What Other Ways Can You Use Personal Loans?


What Other Ways Can You Use Personal Loans?


Personal loans for medical expenses: If you are struggling to come up with the cash to pay for your medical bills, you might consider taking out a personal loan. 

Personal loans for debt consolidation: This type of personal loan allows the borrower to consolidate some high-interest debts, such as from credit cards, medical bills or other loans, and make one low-interest payment each month.

Personal loans for pet expenses: If you don't have pet insurance and are faced with a large emergency vet bill, a pet loan can help finance major expenses such as surgery or cancer treatment for an animal in your family.


What Is the Best Personal Loan Rate?

Personal loan interest ranges are typically from about 6% to 36%, depending on creditworthiness and other factors.
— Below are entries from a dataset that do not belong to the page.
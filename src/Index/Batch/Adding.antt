-- ===== src/Index/Batch/Adding.antt =====
-- The paths that the loop of Store.Update adds are in the files it leaves, unless the batch removes a
-- directory above them.
use lctk.Prelude.{
  ℕ, ◌≡◌, refl, ap, ◌⊎◌, inl, inr, Bool, Bool-cases, true, false, ◌&&◌, none, some, List, [], ◌∷◌,
  ◌++◌, Text, text, text_eq, text_eq_iff, has_prefix, ltb, if_cases, lookup, lookup-insert, All,
  arith, subst,
}
use lctk.Ignore.{contains}
use lctk.Inventory.Scope.{normalize_relative}
use lctk.Index.{Files, Change, Reading, ok, bytes, missing, unreadable, digest_at}
use lctk.Index.Batch.{
  Workspace, Batch, new_batch, digest_file, drop_file, drop_subtree, write_digest, apply_changes,
}
use lctk.Index.Batch.Loop.{apply_change-keeps, apply_changes-keeps_of}
use lctk.Index.Batch.Paths.{lookup-drop_file, lookup-drop_subtree}
use lctk.Index.Batch.Tracking.{
  rewritten, contains-append, add-drop_file, seen-drop_file, add-drop_subtree, seen-drop_subtree,
}

abbrev files_of : Batch → Files
files_of b = b.files

abbrev add_of : Batch → List Text
add_of b = b.add

abbrev seen_of : Batch → List Text
seen_of b = b.seen

module _ (k : Text) where
  -- A change that removes a directory above the path.
  unfoldable pub removes_above : Text → Change → Bool
  removes_above name c = c.deleted && c.subtree && has_prefix (name ++ text "/") k

  abbrev pub Spares : Change → Type 0
  Spares c =
      (normalize_relative c.path ≡ none)
      ⊎ ((name : Text) × (normalize_relative c.path ≡ some name) × (removes_above name c ≡ false))

  module _ (digest_of : Text → Text) (max_bytes : ℕ) (w : Workspace) where
    -- A path that is added is among the files, with the digest of its content.
    pub record IsAdded (b : Batch) : Type 0 where
      pub read :
          contains k b.add ≡ true
          → (content : Text) × (w.content k ≡ bytes content)
            × (lookup k b.files ≡ some (digest_of content))
      pub named : contains k b.add ≡ true → contains k b.seen ≡ true

    pub new_batch-IsAdded : (files : Files) → IsAdded (new_batch files)
    unfolding contains
    new_batch-IsAdded files = record { read = λ h. absurd (cc); named = λ h. absurd (cc) }

    apart :
        (name : Text) (b : Batch)
        → contains name b.seen ≡ false
        → IsAdded b
        → contains k b.add ≡ true
        → text_eq name k ≡ false
    apart name b fresh t held = elim (Bool-cases (text_eq name k)) [
      | inl same ↦
          let e : name ≡ k = (text_eq_iff name k).0 same in
          absurd (ground (arith, t.named held, fresh, e))
      | inr other ↦ other
    ]

    drop_file-IsAdded :
        (name : Text) (b d : Batch)
        → d ≡ record b { seen = name ∷ b.seen }
        → contains name b.seen ≡ false
        → IsAdded b
        → IsAdded (drop_file name d)
    unfolding contains
    drop_file-IsAdded name b d e fresh t = record {
      read = λ h.
          let held = dropped_add h in
          let (content, found, listed) = t.read held in
          (
            content,
            found,
            ground (
              arith,
              lookup-drop_file k name d,
              apart name b fresh t held,
              listed,
              ap files_of e,
            ),
          );
      named = λ h. ground (arith, t.named (dropped_add h), seen-drop_file name d, ap seen_of e);
    }
      where
        dropped_add : contains k (drop_file name d).add ≡ true → contains k b.add ≡ true
        dropped_add h = ground (arith, h, add-drop_file name d, ap add_of e)

    clear_subtree-IsAdded :
        (name : Text) (b : Batch)
        → has_prefix (name ++ text "/") k ≡ false
        → IsAdded b
        → IsAdded (drop_subtree name b)
    clear_subtree-IsAdded name b out t = record {
      read = λ h.
          let (content, found, listed) = t.read (rw (add-drop_subtree name b) at h) in
          (content, found, ground (arith, lookup-drop_subtree k name b, out, listed));
      named = λ h.
          ground (arith, t.named (rw (add-drop_subtree name b) at h), seen-drop_subtree name b);
    }

    not_above :
        (name : Text) (c : Change)
        → Spares c
        → normalize_relative c.path ≡ some name
        → c.deleted ≡ true
        → c.subtree ≡ true
        → has_prefix (name ++ text "/") k ≡ false
    unfolding removes_above
    not_above name c (inl refused) n gone all = absurd (cc)
    not_above name c (inr (name', n', spared)) n gone all =
        let e : name' ≡ name = cc in ground (arith, rw e at spared, gone, all)

    digest_file-content :
        (name digest : Text) (size : ℕ)
        → digest_file digest_of max_bytes w name ≡ some (digest, size)
        → ltb max_bytes size ≡ false
        → (content : Text) × (w.content name ≡ bytes content) × (digest ≡ digest_of content)
    unfolding digest_file
    digest_file-content name digest size h small = answered (w.content name) refl
      where
        answered :
            (reading : Reading)
            → w.content name ≡ reading
            → (content : Text) × (w.content name ≡ bytes content) × (digest ≡ digest_of content)
        answered (bytes content) e = (content, e, ground (arith, h, small, e))
        answered missing e = absurd (ground (arith, h, small, e))
        answered unreadable e = absurd (ground (arith, h, small, e))

    add_file-IsAdded :
        (name digest : Text) (size : ℕ) (b : Batch)
        → contains name b.seen ≡ false
        → IsAdded b
        → digest_file digest_of max_bytes w name ≡ some (digest, size)
        → ltb max_bytes size ≡ false
        → IsAdded (rewritten k b.files name digest (record b { seen = name ∷ b.seen }))
    unfolding contains
    add_file-IsAdded name digest size b fresh t found small =
        let d : Batch = record b { seen = name ∷ b.seen } in
        elim (Bool-cases (text_eq name k)) [
          | inl same ↦
              let e : name ≡ k = (text_eq_iff name k).0 same in
              let (content, read, hashed) = digest_file-content name digest size found small in
              record {
                read = λ _. (
                  content,
                  subst (λ n. w.content n ≡ bytes content) e read,
                  ground
                      (arith, lookup-insert name k digest (drop_file name d).files, same, hashed),
                );
                named = λ _. ground (arith, seen-drop_file name d, same);
              }
          | inr other ↦
              let dropped = drop_file-IsAdded name b d refl fresh t in
              let before = λ (h : contains k ((drop_file name d).add ++ name ∷ []) ≡ true).
                let held : contains k (drop_file name d).add ≡ true =
                  ground (arith, h, contains-append k name (drop_file name d).add, other) in
                held in
              record {
                read = λ h.
                    let (content, read, listed) = dropped.read (before h) in
                    (
                      content,
                      read,
                      ground (
                        arith,
                        lookup-insert name k digest (drop_file name d).files,
                        other,
                        listed,
                      ),
                    );
                named = λ h. dropped.named (before h);
              }
        ]

    write_digest-IsAdded :
        (name digest : Text) (size : ℕ) (b : Batch)
        → contains name b.seen ≡ false
        → IsAdded b
        → digest_file digest_of max_bytes w name ≡ some (digest, size)
        → ltb max_bytes size ≡ false
        → IsAdded
            (write_digest digest_of max_bytes w name digest (record b { seen = name ∷ b.seen }))
    unfolding write_digest contains
    write_digest-IsAdded name digest size b fresh t found small =
        if_cases IsAdded (text_eq (digest_at name b.files) digest) _ _
          (λ _. record { read = t.read; named = λ h. ground (arith, t.named h) })
          (λ _. add_file-IsAdded name digest size b fresh t found small)

    pub apply_changes-IsAdded :
        (cs : List Change) (b b' : Batch)
        → All Spares cs
        → IsAdded b
        → apply_changes digest_of max_bytes w cs b ≡ ok b'
        → IsAdded b'
    apply_changes-IsAdded =
        apply_changes-keeps_of digest_of max_bytes w IsAdded Spares λ name c b spared n fresh t.
          apply_change-keeps digest_of max_bytes w IsAdded name c b
            (λ d e. drop_file-IsAdded name b d e fresh t)
            (λ d e gone all.
              clear_subtree-IsAdded name (drop_file name d) (not_above name c spared n gone all)
                (drop_file-IsAdded name b d e fresh t))
            (λ d digest size e _ found small.
              rw e (write_digest-IsAdded name digest size b fresh t found small))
Generally, the higher your credit score, the better your personal loan interest rate.


Also, the higher your credit score, the greater choice of personal loans you’ll have with favorable terms. Companies want to work with people who have good or excellent credit scores and are more likely to offer personal loans with better terms to these consumers.


“Realistically, you probably need a credit score of 680 to 700 or higher” to qualify for a personal loan, says Joseph A. Carbone Jr., certified financial planner and founder of financial planning firm Focus Planning Group. “If you are in a range of 620 to 680, you might need a co-signer to secure the line.”


But your credit score is not the only factor lenders consider when determining whether to approve you or what interest rate to offer. Companies will request information about your job, your minimum annual income, how stable your income is, your savings and more. Your answers can determine your eligibility.